A clean break from The Beatles and as far from the production extravaganza of their final album Abbey Road as you can get, Paul McCartney’s solo debut was recorded mostly in his living room, with its author playing every instrument. The sound of a brilliant musical mind throwing out random ideas – and finding they all work – still sounds compelling 50 years on, with its loose patchwork of songs, fragments of songs, instrumentals and experiments.
More professionally recorded than McCartney’s debut, RAM nevertheless shared its charming, homespun feel. Credited to Paul and Linda McCartney, RAM took in everything from the gentle, ukulele-driven ‘Ram On’ to the hardrocking ‘Smile Away’ and the experimental song suite ‘Uncle Albert/Admiral Halsey’, the latter an unexpected US Number One. The closing ‘The Back Seat of My Car’ defines the adjective ‘McCartneyesque’ – impossibly melodically rich, apparently effortless songwriting.
Venus and Mars’s ‘Rock Show’ is a paean to the kind of huge stadium gigs that McCartney’s 1970s band Wings would help pioneer: their ensuing world tour became one of the mid-1970s’ most celebrated musical events. Partly recorded in New Orleans, Venus and Mars captures Wings at their zenith: a supremely polished band operating on the cusp of pop and rock, mixing hits – ‘Listen to What the Man Said’ – with more whimsical ideas, among them a cover of the theme from TV soap Crossroads.
Once more recorded at home and greeted with bafflement on release, McCartney II eventually assumed its rightful place as one of its author’s most celebrated solo albums. McCartney threw himself into experiments, largely driven by synthesisers and drum machines, that ranged from the funky (‘Temporary Secretary’ or ‘Coming Up’) to the flatly bizarre (‘Bogey Music’). The same sessions produced ‘Wonderful Christmastime’, a perennial favourite of the festive season.
Produced by George Martin after the break-up of Wings, the global charttopper Tug of War is a songwriting masterclass. ‘Ebony and Ivory’ and ‘Take It Away’ were the big hits and the reflective tribute to the late John Lennon ‘Here Today’ perhaps its most enduring moment, but the album is densely packed with fantastic tracks, the supremely funky Stevie Wonder collaboration ‘What’s That You’re Doing’ and the gorgeous ballad ‘Wanderlust’ among them.

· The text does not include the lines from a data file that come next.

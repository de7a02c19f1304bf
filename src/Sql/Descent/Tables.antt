-- ===== src/Sql/Descent/Tables.antt =====
-- parser/sql.lalrpop: the recursive descent for CREATE TABLE and LOCK.
pub mod Lists
pub mod Create
pub mod Complete
pub mod Locks
use kui_ba_db.Base.{ℕ, List, [], ◌∷◌, ◌++◌, Bytes, Bool, Option, none, some, ◌==◌}
use kui_ba_db.Base.Text.{codes}
use kui_ba_db.Sql.Syntax.{
  StrVal, Value, AConst, DefElem, make_def_elem, RangeVar, TypeName, system_type_name, ColumnDef,
  CreateTableStmt, LockStmt,
}
use kui_ba_db.Sql.Grammar.{Keyword, Token, keyword, integer, Input, step}
use kui_ba_db.Sql.Grammar.Tables.{Modes}
use kui_ba_db.Sql.Descent.Actions.{relation_of, varchar_with}
use kui_ba_db.Sql.Descent.{Parser, punctuation, sequence}
use kui_ba_db.Sql.Descent.Queries.{parse_name, or_empty}
use kui_ba_db.Sql.Descent.Values.{value_from}

-- What is read behind what was read.
unfoldable pub continue :
    {A B : Type 0} → Option (A × Input) → (A → Input → Option (B × Input)) → Option (B × Input)
continue none f = none
continue (some (x, b)) f = f x b

unfoldable pub mark : ℕ → Parser ℕ
mark c = punctuation (λ o. o == c)

abbrev pub append_item : {I : Type 0} → Input → List I → ℕ → I → Input → List I
append_item a l o x b = l ++ x ∷ []

unfoldable pub comma_list : {I : Type 0} → Parser I → Parser (List I)
comma_list item = sequence (λ o. o == b',') item append_item (λ x. x ∷ [])

unfoldable pub parse_relation : Parser RangeVar
unfolding continue
parse_relation a = continue (parse_name a) (λ n b. some (relation_of n, b))

unfoldable pub length_from : Option (Token × Input) → Option (TypeName × Input)
unfolding continue mark
length_from (some (integer i, b)) = continue (mark b')' b) (λ o c. some (varchar_with i, c))
length_from _ = none

unfoldable pub varchar_from : Input → Option (ℕ × Input) → Option (TypeName × Input)
unfolding length_from
varchar_from b none = some (system_type_name (codes "varchar"), b)
varchar_from b (some (o, c)) = length_from (step c)

unfoldable pub type_from : Option (Token × Input) → Option (TypeName × Input)
unfolding varchar_from
type_from (some (keyword Keyword.int_p, b)) = some (system_type_name (codes "int4"), b)
type_from (some (keyword Keyword.smallint, b)) = some (system_type_name (codes "int2"), b)
type_from (some (keyword Keyword.varchar, b)) = varchar_from b (mark b'(' b)
type_from _ = none

unfoldable pub parse_column : Parser ColumnDef
unfolding type_from
parse_column a =
    continue (parse_name a)
      (λ n b. continue (type_from (step b)) (λ t c. some (record { colname = n; typename = t }, c)))

module _ (debug : Bool) where
  unfoldable pub arg_from : Input → Option (Token × Input) → Option (Value × Input)
  unfolding continue
  arg_from a (some (keyword k, b)) = none
  arg_from a r = continue (value_from debug a r) (λ x b. some (x.val, b))

  unfoldable pub parse_reloption : Parser DefElem
  unfolding arg_from mark
  parse_reloption a = continue (parse_name a) (λ n b.
      continue (mark b'=' b)
        (λ o c. continue (arg_from c (step c)) (λ v d. some (make_def_elem n v, d))))

  unfoldable pub options_from : Input → Option (Token × Input) → Option (List DefElem × Input)
  unfolding comma_list parse_reloption
  options_from a (some (keyword Keyword.with_p, b)) = continue (mark b'(' b) (λ o c.
      continue (comma_list parse_reloption c) (λ l d. continue (mark b')' d) (λ o e. some (l, e))))
  options_from a _ = some ([], a)

  -- CREATE TABLE, behind these words.
  unfoldable pub table_columns :
      RangeVar → List ColumnDef × Input → Option (CreateTableStmt × Input)
  unfolding options_from
  table_columns r (l, a) = continue (mark b')' a) (λ o b.
      continue (options_from b (step b))
        (λ w c. some (record { relation = r; table_elts = l; opts = w }, c)))

  unfoldable pub parse_table : Parser CreateTableStmt
  unfolding table_columns parse_relation parse_column
  parse_table a = continue (parse_relation a) (λ r b.
      continue (mark b'(' b) (λ o c. table_columns r (or_empty c (comma_list parse_column c))))

unfoldable pub skip_table : Input → Option (Token × Input) → Input
skip_table a (some (keyword Keyword.table, b)) = b
skip_table a _ = a

module _ {M : Type 0} (modes : Modes M) where
  unfoldable pub access_from : Option (Token × Input) → Option (M × Input)
  access_from (some (keyword Keyword.share, b)) = some (modes.access_share, b)
  access_from (some (keyword Keyword.exclusive, b)) = some (modes.access_exclusive, b)
  access_from _ = none

  unfoldable pub row_from : Option (Token × Input) → Option (M × Input)
  row_from (some (keyword Keyword.share, b)) = some (modes.row_share, b)
  row_from (some (keyword Keyword.exclusive, b)) = some (modes.row_exclusive, b)
  row_from _ = none

  unfoldable pub exclusively : M → Option (Token × Input) → Option (M × Input)
  exclusively m (some (keyword Keyword.exclusive, b)) = some (m, b)
  exclusively m _ = none

  unfoldable pub share_from : Input → Option (Token × Input) → Option (M × Input)
  unfolding exclusively
  share_from a (some (keyword Keyword.update, b)) =
      exclusively modes.share_update_exclusive (step b)
  share_from a (some (keyword Keyword.row, b)) = exclusively modes.share_row_exclusive (step b)
  share_from a _ = some (modes.share, a)

  unfoldable pub lock_from : Option (Token × Input) → Option (M × Input)
  unfolding access_from row_from share_from
  lock_from (some (keyword Keyword.access, b)) = access_from (step b)
  lock_from (some (keyword Keyword.row, b)) = row_from (step b)
  lock_from (some (keyword Keyword.share, b)) = share_from b (step b)
  lock_from (some (keyword Keyword.exclusive, b)) = some (modes.exclusive, b)
  lock_from _ = none

  unfoldable pub mode_word : M → Option (Token × Input) → Option (M × Input)
  mode_word m (some (keyword Keyword.mode_p, b)) = some (m, b)
  mode_word m _ = none

  unfoldable pub opt_lock_from : Input → Option (Token × Input) → Option (M × Input)
  unfolding lock_from mode_word
  opt_lock_from a (some (keyword Keyword.in_p, b)) =
      continue (lock_from (step b)) (λ m c. mode_word m (step c))
  opt_lock_from a _ = some (modes.access_exclusive, a)

  -- LOCK, behind this word.
  unfoldable pub parse_lock : Parser (LockStmt M)
  unfolding opt_lock_from skip_table
  parse_lock a =
      continue (comma_list parse_relation (skip_table a (step a))) (λ l b.
        continue (opt_lock_from b (step b)) (λ m c. some (record { rels = l; mode = m }, c)))
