-- ===== src/Sql/Descent/Copies.antt =====
-- parser/sql.lalrpop: the recursive descent for COPY.
pub mod Words
pub mod Sound
pub mod Items
pub mod Complete
use kui_ba_db.Base.{
  ℕ, zero, suc, length, List, [], ◌∷◌, ◌++◌, Bool, true, false, Option, none, some,
}
use kui_ba_db.Sql.Syntax.{StrVal, in_place, DefElem, make_def_elem, RangeVar, CopyStmt}
use kui_ba_db.Sql.Grammar.{Keyword, Token, keyword, xb, Input, step}
use kui_ba_db.Sql.Descent.Actions.{unquote, delimiter_opt, null_opt, csv_opt, with_delimiter}
use kui_ba_db.Sql.Descent.{Parser}
use kui_ba_db.Sql.Descent.Queries.{parse_name, is_as, behind}
use kui_ba_db.Sql.Descent.Values.{value_from}
use kui_ba_db.Sql.Descent.Tables.{continue, mark, comma_list, parse_relation}

unfoldable pub is_with : Keyword → Bool
is_with Keyword.with_p = true
is_with _ = false

unfoldable pub or_here : Input → Option Input → Input
or_here a none = a
or_here a (some b) = b

-- A word that may be left out.
unfoldable pub skip_word : (Keyword → Bool) → Input → Input
unfolding or_here
skip_word is a = or_here a (behind is (step a))

unfoldable pub text_from : Option (Token × Input) → Option (StrVal × Input)
text_from (some (xb s, b)) = some (in_place (unquote s), b)
text_from _ = none

unfoldable pub direction_from : Option (Token × Input) → Option (Bool × Input)
direction_from (some (keyword Keyword.from, b)) = some (true, b)
direction_from (some (keyword Keyword.to, b)) = some (false, b)
direction_from _ = none

unfoldable pub delimited : Input → Option (Option DefElem × Input)
unfolding continue text_from
delimited a = continue (text_from (step a)) (λ v b. some (some (delimiter_opt v), b))

unfoldable pub delimiters_from : Option (Token × Input) → Option (Option DefElem × Input)
unfolding delimited
delimiters_from (some (keyword Keyword.delimiters, b)) = delimited b
delimiters_from _ = none

unfoldable pub delimiter_from : Input → Option (Token × Input) → Option (Option DefElem × Input)
unfolding delimiters_from
delimiter_from a (some (keyword Keyword.using, b)) = delimiters_from (step b)
delimiter_from a (some (keyword Keyword.delimiters, b)) = delimited b
delimiter_from a _ = some (none, a)

unfoldable pub item_from : Option (Token × Input) → Option (DefElem × Input)
unfolding skip_word continue text_from
item_from (some (keyword Keyword.null_p, b)) =
    continue (text_from (step (skip_word is_as b))) (λ v c. some (null_opt v, c))
item_from (some (keyword Keyword.csv, b)) = some (csv_opt, b)
item_from _ = none

unfoldable pub after_opt :
    (List DefElem → Input → Option (List DefElem × Input))
    → List DefElem
    → Input
    → Option (DefElem × Input)
    → Option (List DefElem × Input)
after_opt go l a none = some (l, a)
after_opt go l a (some (x, b)) = go (l ++ x ∷ []) b

-- Each item takes a token.
unfoldable pub opts_loop : ℕ → List DefElem → Input → Option (List DefElem × Input)
unfolding after_opt item_from
opts_loop zero l a = none
opts_loop (suc k) l a = after_opt (opts_loop k) l a (item_from (step a))

module _ (debug : Bool) where
  unfoldable pub parse_generic : Parser DefElem
  unfolding continue
  parse_generic a =
      continue (parse_name a)
        (λ n b. continue (value_from debug b (step b)) (λ x c. some (make_def_elem n x.val, c)))

  unfoldable pub options_behind : Input → Option (ℕ × Input) → Option (List DefElem × Input)
  unfolding opts_loop parse_generic comma_list mark
  options_behind a none = opts_loop (suc (length a.rest)) [] a
  options_behind a (some (o, b)) =
      continue (comma_list parse_generic b) (λ l c. continue (mark b')' c) (λ o d. some (l, d)))

  -- COPY, behind this word.
  unfoldable pub parse_copy : Parser CopyStmt
  unfolding options_behind parse_relation direction_from delimiter_from
  parse_copy a = continue (parse_relation a) (λ q b. continue (direction_from (step b)) (λ from c.
      continue (text_from (step c)) (λ v d. continue (delimiter_from d (step d)) (λ x e.
        continue (options_behind (skip_word is_with e) (mark b'(' (skip_word is_with e))) (λ o f.
          some (record { rel = q; from = from; filename = v; opts = with_delimiter o x }, f))))))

Inspired by the years spent working on The Beatles’ Anthology and mostly coproduced by Jeff Lynne – who had also worked on ‘new’ Beatles songs ‘Free as a Bird’ and ‘Real Love’ – and featuring a rare co-writing credit for Ringo Starr, Flaming Pie saw McCartney strip back his sound, a move that allowed an extremely strong, occasionally understated set of songs to flourish. Poignantly, Flaming Pie is also the last McCartney album to feature the backing vocals of Linda McCartney, who died the following year.
In 2018, Paul McCartney unexpectedly teamed up with Adele producer Greg Kurstin and – on ‘Fuh You’ – blue-chip pop songwriter Ryan Tedder. But Egypt Station is not a straightforward lunge for latter-day pop contemporaneity: it is an impressively varied album, which switches between the raucous stomp of ‘Come on to Me’, the troubled, reflective ‘I Don’t Know’ and ‘Hunt You Down/Naked/C-Link’, the latest in a long line of McCartney tracks that segue different song fragments together in a thrillingly episodic whole.
Inspired by the circumstances of lockdown to return to the home-studio, one-man-band approach of the previous albums in the McCartney series, McCartney III unexpectedly appeared at the end of 2020, a critically lauded collection of songs that ranged from acoustic ballads to tough rock and roll. The experimental spirit of its predecessors in the McCartney series was underlined by its lengthy instrumental opener, ‘Long Tailed Winter Bird’, and the powerful, episodic eight minutes of ‘Deep Deep Feeling’.